# Yes" Portable Multi-Flashes" for Crazy Surapon=My DIY.



## surapon (Dec 20, 2013)

Yes, 
Dear Friends, I am the Crazy One, 2 years ago, After I get hired to shoot the Wedding Photos, For The Best Light, I must hire 3 more Light carrier/ Helper, to carry 3 Support Lights for my Best Pictures. After that, No more useless helpers , that I have to tell them what to do in every Photos, That make the Clients see my Mistakes---Ha, Ha, Ha----After that, I invent and Build my DIY. "Portable Muti-Flashes" that work for me, Plus , I carry the 2 -160 LED. Small light Panels on my belt, and use for Back Light. and Back ground Light = Bing-Go.
Yes, My Idea =Soft Side Light, Plus Eyes, Catched Light + Bounce Light in my hands, and Plus the LED. Back Light/ Back ground support light.
Enjoy
Surapon

PS--for the Legend of Photo L-MFH-7 :
A= MONO-POD
B= CUSTOM BRACKET FOLDING " T"
C= RPS STUDIO, MODEL RS-03102 MULTI-FLASHES HOLDER.
D= HARSWARE CRAMP.
E= DETACHABLE BASE AND HOTSHOE MOUNTED.
F= CANON FLASH 580 EX II
G= GRASLON 4100F, FLASH MODIFIER--MAIN LIGHT = BIG SOFT LIGHT WITH MINIMUM SHADE AND SAHADOW.
H= PHOTTIX ODIN, TTL + TTL ii FLASH CONTROLER/ WIRELESS TRANSMITTER FOR 3 GROUPS 12 FLASHES.
I= PHOTTIX ODIN- TTL + TTL-ii FLASHES RECEIVERS.
J= CANON FLASH 580 EX.
K= STO-FEN OMNI-BOUNCE( diy MODIFY) FOR CATCH LIGHT AT EYES OF MODELS.
L= CANON 5D MK II AND CANON LENS EF 24-70 MM. F/ 2.8 L USM.
M= CANON OFF-CAMERA SHOE CORD TO LINK CAMERA AND PHOTTIX ODIN TRANSMITTER


----------



## surapon (Dec 20, 2013)

Yes, My Idea =Soft Side Light, Plus Eyes, Catched Light + Bounce Light in my hands, and Plus the LED. Back Light/ Back ground support light.


----------



## surapon (Dec 20, 2013)

Yes, My Idea =Soft Side Light, Plus Eyes, Catched Light + Bounce Light in my hands, and Plus the LED. Back Light/ Back ground support light.


----------



## surapon (Dec 20, 2013)

Yes, My Idea =Soft Side Light, Plus Eyes, Catched Light + Bounce Light in my hands, and Plus the LED. Back Light/ Back ground support light.


----------



## surapon (Dec 20, 2013)

Yes, My Idea =Soft Side Light, Plus Eyes, Catched Light + Bounce Light in my hands, and Plus the LED. Back Light/ Back ground support light.

Enjoy.
Surapon


----------



## ajfotofilmagem (Dec 20, 2013)

I'm sure you get a very soft light with his invention. 8) The problem of this kind of Gadgety is the complex assembly and the reaction of the kids. ??? Or the children are mesmerized looking at the equipment, or they escape running. ;D


----------



## Harv (Dec 20, 2013)

I don't think I could handle that unless it came equipped with wheels.


----------



## ninjapeps (Dec 20, 2013)

You may be crazy but it's the fun and creative kind of crazy.
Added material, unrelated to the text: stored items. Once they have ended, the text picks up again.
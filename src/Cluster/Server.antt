-- ===== src/Cluster/Server.antt =====
-- crates/trust-kernel/src/cluster_mux.rs: `ClusterMuxServer` and `handle_mux_connection`.
-- A connection is a sequence of messages: a frame, with the payload bytes that its sender wrote behind it.
-- Frames travel as JSON with their length in front; the JSON is a library's, and left out.
use spaceshuttle.Prelude.{
  ℕ, List, [], ◌∷◌, Option, none, some, String, Bool, true, false, if◌then◌else◌, str_eq, ◌==◌,
  length, add64,
}
use spaceshuttle.Prelude.Text.{format, decimal}
use spaceshuttle.Cluster.BlockStore
use spaceshuttle.Cluster.BlockStore.{BlockStore, StoredBlock}
use spaceshuttle.Cluster.Frames.{
  MuxFrame, fetch_frame, store_frame, ping_frame, response_frame, IoResult, io_ok, io_err,
  out_of_fuel, read_payload_streaming,
}

abbrev pub Message : Type 0
Message = MuxFrame × List ℕ

pub record ClusterMuxServer : Type 0 where
  pub bind_addr : String
  pub kernel_aint : String
  pub store : BlockStore
  pub frames_handled : ℕ
  pub connections_total : ℕ

unfoldable pub new : String → String → BlockStore → ClusterMuxServer
new bind_addr kernel_aint store = record {
  bind_addr = bind_addr;
  kernel_aint = kernel_aint;
  store = store;
  frames_handled = 0;
  connections_total = 0;
}

-- What a frame comes to: a response, nothing (for a response frame), or an error that ends the connection.
-- `unframed` is not an outcome of the code: the payload is not as long as its frame announces, and what the
-- server reads from then on is not modelled.
pub data Handled : Type 0 where
  replied : Message → Handled
  ignored : Handled
  broken : Handled
  unframed : Handled

-- `if let Some(ref expected) = expected_hash { &b.content_hash != expected }`
abbrev pub mismatches : Option String → String → Bool
mismatches none content_hash = false
mismatches (some expected) content_hash = if str_eq content_hash expected then false else true

unfoldable pub fetch_response : ℕ → ℕ → Option String → Option StoredBlock → Message
fetch_response channel_id block_index expected_hash none = (
  response_frame channel_id 404 block_index "" 0 0 ""
      (some (format ("Block " ∷ decimal block_index ∷ " not found" ∷ []))),
  [],
)
fetch_response channel_id block_index expected_hash (some b) =
    if mismatches expected_hash b.content_hash
    then (
      response_frame channel_id 409 block_index b.content_hash 0 0 "" (some "Hash mismatch"),
      [],
    )
    else (
      response_frame channel_id 200 block_index b.content_hash (length b.data_bytes) b.raw_size
          (format ("mux_fetch_" ∷ decimal block_index ∷ "_" ∷ decimal channel_id ∷ [])) none,
      b.data_bytes,
    )

module _ (sha256_hex : List ℕ → String) where
  -- The store of a block, given what was read of it and its hash.
  unfoldable pub handle_store :
      ClusterMuxServer
      → ℕ
      → ℕ
      → String
      → ℕ
      → String
      → String
      → ℕ
      → IoResult (List ℕ × String × List ℕ)
      → ClusterMuxServer × Handled
  unfolding BlockStore.store
  handle_store s channel_id block_index from_aint raw_size content_hash seal bus_seq (io_err e) =
      (s, broken)
  handle_store s channel_id block_index from_aint raw_size content_hash seal bus_seq out_of_fuel =
      (s, broken)
  handle_store s channel_id block_index from_aint raw_size content_hash seal bus_seq
        (io_ok (block, computed, rest)) =
      if str_eq computed content_hash
      then (
        record s {
          store =
              BlockStore.store s.store block_index block content_hash seal raw_size from_aint
                bus_seq;
        },
        replied (
          response_frame channel_id 200 block_index content_hash (length block) raw_size
              (format ("mux_store_" ∷ decimal block_index ∷ "_" ∷ decimal channel_id ∷ [])) none,
          [],
        ),
      )
      else (
        s,
        replied (
          response_frame channel_id 409 block_index computed 0 0 "" (some "Store hash mismatch"),
          [],
        ),
      )

  -- The `match frame` of the loop.
  unfoldable pub dispatch : ClusterMuxServer → MuxFrame → List ℕ → ClusterMuxServer × Handled
  unfolding BlockStore.fetch fetch_response handle_store read_payload_streaming
  dispatch s (fetch_frame channel_id block_index _ expected_hash _) payload =
      let (store', block) = BlockStore.fetch s.store block_index in
      (
        record s { store = store' },
        replied (fetch_response channel_id block_index expected_hash block),
      )
  dispatch s
        (store_frame channel_id block_index from_aint payload_size raw_size content_hash seal
          bus_seq)
        payload =
      if length payload == payload_size
      then handle_store s channel_id block_index from_aint raw_size content_hash seal bus_seq
          (read_payload_streaming sha256_hex payload_size payload)
      else (s, unframed)
  dispatch s (ping_frame channel_id _) payload = (
    s,
    replied (
      response_frame channel_id 200 0 "" 0 0 (format ("mux_pong_" ∷ s.kernel_aint ∷ [])) none,
      [],
    ),
  )
  dispatch s (response_frame _ _ _ _ _ _ _ _) payload = (s, ignored)

  -- One round of the loop of `handle_mux_connection`.
  unfoldable pub handle_frame : ClusterMuxServer → Message → ClusterMuxServer × Handled
  unfolding dispatch
  handle_frame s message =
      dispatch (record s { frames_handled = add64 s.frames_handled 1 }) message.0 message.1

  -- What a round leaves to the rest of the connection.
  abbrev pub next_frame :
      (ClusterMuxServer → ClusterMuxServer × List Message)
      → ClusterMuxServer × Handled
      → ClusterMuxServer × List Message
  next_frame others (s, replied message) = let (s', messages) = others s in (s', message ∷ messages)
  next_frame others (s, ignored) = others s
  next_frame others (s, broken) = (s, [])
  next_frame others (s, unframed) = (s, [])

  -- The responses to what arrives on a connection before it ends.
  unfoldable pub handle_mux_connection :
      ClusterMuxServer → List Message → ClusterMuxServer × List Message
  unfolding handle_frame
  handle_mux_connection s [] = (s, [])
  handle_mux_connection s (message ∷ messages) =
      next_frame (λ s'. handle_mux_connection s' messages) (handle_frame s message)
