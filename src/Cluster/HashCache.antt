-- ===== src/Cluster/HashCache.antt =====
-- crates/trust-kernel/src/cluster_mux.rs: `HashCache` and the reading of a payload through it.
use spaceshuttle.Prelude.{
  ℕ, List, [], ◌∷◌, Option, none, some, String, Bool, false, ◌==◌, if◌then◌else◌, str_eq, add64,
}
use spaceshuttle.Cluster.BlockStore.{lookup, insert}
use spaceshuttle.Cluster.Frames.{
  IoResult, io_ok, io_err, out_of_fuel, read_chunks, read_payload_streaming,
}

-- `HashMap` as an association list; the lock is held for each call.
pub record HashCache : Type 0 where
  pub verified : List (ℕ × String)
  pub hits : ℕ
  pub misses : ℕ
  pub bytes_saved : ℕ

-- Durations are left out.
pub data VerifyResult : Type 0 where
  full_verify : String → VerifyResult
  cache_hit : String → VerifyResult
  skipped : VerifyResult

unfoldable pub new : HashCache
new = record { verified = []; hits = 0; misses = 0; bytes_saved = 0 }

-- `map(|h| h == content_hash).unwrap_or(false)`
abbrev pub is_hash : Option String → String → Bool
is_hash none content_hash = false
is_hash (some h) content_hash = str_eq h content_hash

unfoldable pub is_verified : HashCache → ℕ → String → Bool
unfolding lookup
is_verified cache block_index content_hash =
    is_hash (lookup block_index cache.verified) content_hash

unfoldable pub mark_verified : HashCache → ℕ → String → HashCache
unfolding insert
mark_verified cache block_index content_hash = record cache {
  verified = insert block_index content_hash cache.verified;
}

unfoldable pub without : ℕ → List (ℕ × String) → List (ℕ × String)
without block_index [] = []
without block_index (entry ∷ others) =
    if entry.0 == block_index then others else entry ∷ without block_index others

unfoldable pub invalidate : HashCache → ℕ → HashCache
unfolding without
invalidate cache block_index = record cache { verified = without block_index cache.verified }

-- A hit: the bytes are read in the same chunks, and none is hashed.
unfoldable pub after_hit :
    HashCache
    → ℕ
    → String
    → IoResult (List ℕ × List ℕ × List ℕ)
    → HashCache × IoResult (List ℕ × String × VerifyResult × List ℕ)
after_hit cache payload_size server_hash (io_ok (block, _, rest)) = (
  record cache { hits = add64 cache.hits 1; bytes_saved = add64 cache.bytes_saved payload_size },
  io_ok (block, server_hash, cache_hit server_hash, rest),
)
after_hit cache payload_size server_hash (io_err e) = (cache, io_err e)
after_hit cache payload_size server_hash out_of_fuel = (cache, out_of_fuel)

-- A miss: the computed hash is marked as verified, whatever the server claimed.
unfoldable pub after_miss :
    HashCache
    → ℕ
    → IoResult (List ℕ × String × List ℕ)
    → HashCache × IoResult (List ℕ × String × VerifyResult × List ℕ)
unfolding mark_verified
after_miss cache block_index (io_ok (block, computed_hash, rest)) =
    let marked = mark_verified cache block_index computed_hash in
    (
      record marked { misses = add64 marked.misses 1 },
      io_ok (block, computed_hash, full_verify computed_hash, rest),
    )
after_miss cache block_index (io_err e) = (cache, io_err e)
after_miss cache block_index out_of_fuel = (cache, out_of_fuel)

-- `stream` is what the reader still gets before the connection ends; the rest of it is given back. A read that
-- has to wait is not told apart from one that finds its bytes there.
unfoldable pub read_payload_cached :
    (List ℕ → String)
    → ℕ
    → String
    → ℕ
    → HashCache
    → List ℕ
    → HashCache × IoResult (List ℕ × String × VerifyResult × List ℕ)
unfolding is_verified after_hit after_miss read_chunks read_payload_streaming
read_payload_cached sha256_hex payload_size server_hash block_index cache stream =
    if is_verified cache block_index server_hash
    then after_hit cache payload_size server_hash
        (read_chunks payload_size payload_size [] [] stream)
    else after_miss cache block_index (read_payload_streaming sha256_hex payload_size stream)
I don't have the patience to make or carry something like this.


----------



## Quasimodo (Dec 20, 2013)

Some beautiful pictures here Surapon Love the idea behind the DIY, and I think you have eliminated the need for two out of the three helpers. You still need one to hold the fill light/diffusor, as the contrast seems a bit steep in some of the pictures, imho.


----------



## roguewave (Dec 20, 2013)

Having seen this setup, now I understand how happy you must be getting the "tiny Canon M" ;D.

Nice pictures!


----------



## sunnyVan (Dec 21, 2013)

Maybe you should patent this thing


----------



## candc (Dec 21, 2013)

Very well put together and nice photos. I don't know much about flash photography. I understand the big diffuser panel for soft light, the low angle LED's to illuminate the ground. But The flash that is pointed up "j" isn't used for illumination, just as a point light source for the reflection in the models eyes? I know it may look cumbersome but I can see why it would be better than trying to keep it all aligned by handholding


----------



## fugu82 (Dec 21, 2013)

Very beautiful images, Surapon. Ingenious flash system!


----------



## phoenix7 (Dec 21, 2013)

Hi Mr. Surapon. I enjoy reading your posts even if I don't comment on them. Love that Rube Goldburg rig, it's awesome looking and from the photos seems very useful.
For photo n-6.jpg, the one w/ the little blond girl in the pink bonnet on the bridge what lens/FL/aperture? I really like the bokeh in that one a lot. On the contrary n-5.jpg, right above, I don't care as much for the bokeh there. 
Thanks for posting!


----------



## greger (Dec 21, 2013)

Crazy Smart! Thanks for the post. The pics prove how well your rig works. Nice!


----------



## mrsfotografie (Dec 21, 2013)

I'm impressed, Surapon! I also have much respect that you use this in the field, it seems a little cumbersome to me but then again everyone has different needs and preferences.


----------



## surapon (Dec 21, 2013)

ajfotofilmagem said:


> I'm sure you get a very soft light with his invention. 8) The problem of this kind of Gadgety is the complex assembly and the reaction of the kids. ??? Or the children are mesmerized looking at the equipment, or they escape running. ;D




Ha, Ha, Ha, Dear sir, ajfotofilmagem, You are 1000% right on the target "the children are mesmerized looking at the equipment, or they escape running"---Ha, Ha, Ha-----This Equipment not only Surprise by the Kids, But, All the People look at me like a crazy old Photographer too, Yes, I know, But Good that They see the Oriental Old man, And That why , They not Laugh----Ha, Ha, Ha---But, my advantage are, 1) all of them/ my subjects look at me and I get the perfected shots, Plus, get the good soft light with Catched Light in their eyes with out the blinked eyes.
Yes, Sir, If any Photographers around me, They will come to see, and ask me = What is that big soft box-----Ha, Ha, Ha, and I give them the name.
Have a great weekend, Sir.
Surapon


----------



## surapon (Dec 21, 2013)

Harv said:


> I don't think I could handle that unless it came equipped with wheels.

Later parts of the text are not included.